# Problem to solve
Go from the first line below to the one with "-- ===== src/Reconciliation/Operation.antt" and print each line exactly.

Extracted information START

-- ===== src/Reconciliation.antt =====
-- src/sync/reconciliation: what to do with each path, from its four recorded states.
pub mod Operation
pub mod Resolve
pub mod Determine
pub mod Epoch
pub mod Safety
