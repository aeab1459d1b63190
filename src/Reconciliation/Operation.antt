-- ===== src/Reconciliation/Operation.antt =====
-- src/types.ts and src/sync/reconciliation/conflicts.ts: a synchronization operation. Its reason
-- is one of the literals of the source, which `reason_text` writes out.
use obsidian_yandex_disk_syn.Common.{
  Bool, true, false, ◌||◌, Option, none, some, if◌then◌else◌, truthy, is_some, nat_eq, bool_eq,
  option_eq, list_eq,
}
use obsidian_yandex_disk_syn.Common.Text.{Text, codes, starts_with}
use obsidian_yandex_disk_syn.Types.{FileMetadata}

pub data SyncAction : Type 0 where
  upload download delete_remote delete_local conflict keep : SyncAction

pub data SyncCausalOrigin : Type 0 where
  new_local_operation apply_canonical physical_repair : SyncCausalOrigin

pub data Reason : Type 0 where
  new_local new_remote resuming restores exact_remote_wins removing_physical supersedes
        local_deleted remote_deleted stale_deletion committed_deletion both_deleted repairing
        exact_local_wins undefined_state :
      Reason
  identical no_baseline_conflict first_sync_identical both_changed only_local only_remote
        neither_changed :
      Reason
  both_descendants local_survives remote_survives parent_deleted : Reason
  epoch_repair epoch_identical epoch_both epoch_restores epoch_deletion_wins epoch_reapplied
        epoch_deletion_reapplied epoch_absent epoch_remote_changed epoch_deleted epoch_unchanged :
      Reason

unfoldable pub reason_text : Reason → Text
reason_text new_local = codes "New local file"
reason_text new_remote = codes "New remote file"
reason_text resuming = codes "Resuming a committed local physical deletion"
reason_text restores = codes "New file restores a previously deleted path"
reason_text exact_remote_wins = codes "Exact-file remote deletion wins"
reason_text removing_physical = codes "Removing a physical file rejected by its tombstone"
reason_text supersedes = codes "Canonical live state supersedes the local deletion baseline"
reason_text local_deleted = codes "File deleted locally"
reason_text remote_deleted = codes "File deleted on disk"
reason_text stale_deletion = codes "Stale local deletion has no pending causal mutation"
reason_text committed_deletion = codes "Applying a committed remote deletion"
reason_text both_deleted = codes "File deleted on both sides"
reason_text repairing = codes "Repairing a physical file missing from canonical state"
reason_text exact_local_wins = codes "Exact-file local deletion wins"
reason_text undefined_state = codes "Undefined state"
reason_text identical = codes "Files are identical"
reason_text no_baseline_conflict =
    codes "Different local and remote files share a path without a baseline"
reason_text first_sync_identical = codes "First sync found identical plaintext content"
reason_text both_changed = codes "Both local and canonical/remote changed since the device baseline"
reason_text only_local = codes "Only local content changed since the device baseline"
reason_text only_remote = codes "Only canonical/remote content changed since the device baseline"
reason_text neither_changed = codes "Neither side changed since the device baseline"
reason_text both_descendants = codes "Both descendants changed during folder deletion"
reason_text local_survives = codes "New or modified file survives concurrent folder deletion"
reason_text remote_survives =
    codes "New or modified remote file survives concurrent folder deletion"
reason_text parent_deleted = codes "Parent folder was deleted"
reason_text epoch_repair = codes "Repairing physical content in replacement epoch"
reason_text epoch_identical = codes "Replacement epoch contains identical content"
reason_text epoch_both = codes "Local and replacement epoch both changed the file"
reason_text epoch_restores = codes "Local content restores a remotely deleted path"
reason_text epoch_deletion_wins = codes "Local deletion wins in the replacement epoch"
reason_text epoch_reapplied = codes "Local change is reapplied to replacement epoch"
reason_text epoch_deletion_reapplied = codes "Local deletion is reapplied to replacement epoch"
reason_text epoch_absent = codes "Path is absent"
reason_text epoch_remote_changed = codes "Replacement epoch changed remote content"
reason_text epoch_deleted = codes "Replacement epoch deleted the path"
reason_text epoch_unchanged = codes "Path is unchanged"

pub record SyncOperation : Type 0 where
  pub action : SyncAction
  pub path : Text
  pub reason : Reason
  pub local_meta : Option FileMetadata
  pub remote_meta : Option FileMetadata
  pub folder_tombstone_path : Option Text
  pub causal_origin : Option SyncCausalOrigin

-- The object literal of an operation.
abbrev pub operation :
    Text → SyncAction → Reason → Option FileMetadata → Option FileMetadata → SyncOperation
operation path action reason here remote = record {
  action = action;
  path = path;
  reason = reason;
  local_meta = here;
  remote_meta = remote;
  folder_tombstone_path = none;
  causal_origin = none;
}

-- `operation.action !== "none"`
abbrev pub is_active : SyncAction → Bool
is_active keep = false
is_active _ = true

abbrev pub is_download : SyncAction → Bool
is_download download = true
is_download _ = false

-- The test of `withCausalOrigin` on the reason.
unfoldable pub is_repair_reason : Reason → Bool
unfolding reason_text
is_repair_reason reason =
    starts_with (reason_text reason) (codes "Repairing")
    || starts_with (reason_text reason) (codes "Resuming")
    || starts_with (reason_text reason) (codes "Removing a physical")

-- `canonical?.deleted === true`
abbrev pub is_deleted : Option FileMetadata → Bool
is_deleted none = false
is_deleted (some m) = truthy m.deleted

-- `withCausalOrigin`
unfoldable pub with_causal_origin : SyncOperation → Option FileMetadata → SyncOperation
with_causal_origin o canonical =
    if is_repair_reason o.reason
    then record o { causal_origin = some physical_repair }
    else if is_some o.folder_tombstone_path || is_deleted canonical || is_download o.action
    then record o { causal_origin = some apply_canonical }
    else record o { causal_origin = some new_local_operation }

Extracted information END

# Exercise answer
-- ===== src/Reconciliation.antt =====
-- src/sync/reconciliation: what to do with each path, from its four recorded states.
pub mod Operation
pub mod Resolve
pub mod Determine
pub mod Epoch
pub mod Safety
repository aeab1459d1b63190
filename src/Reconciliation/Operation.antt
-- ===== src/Reconciliation/Operation.antt =====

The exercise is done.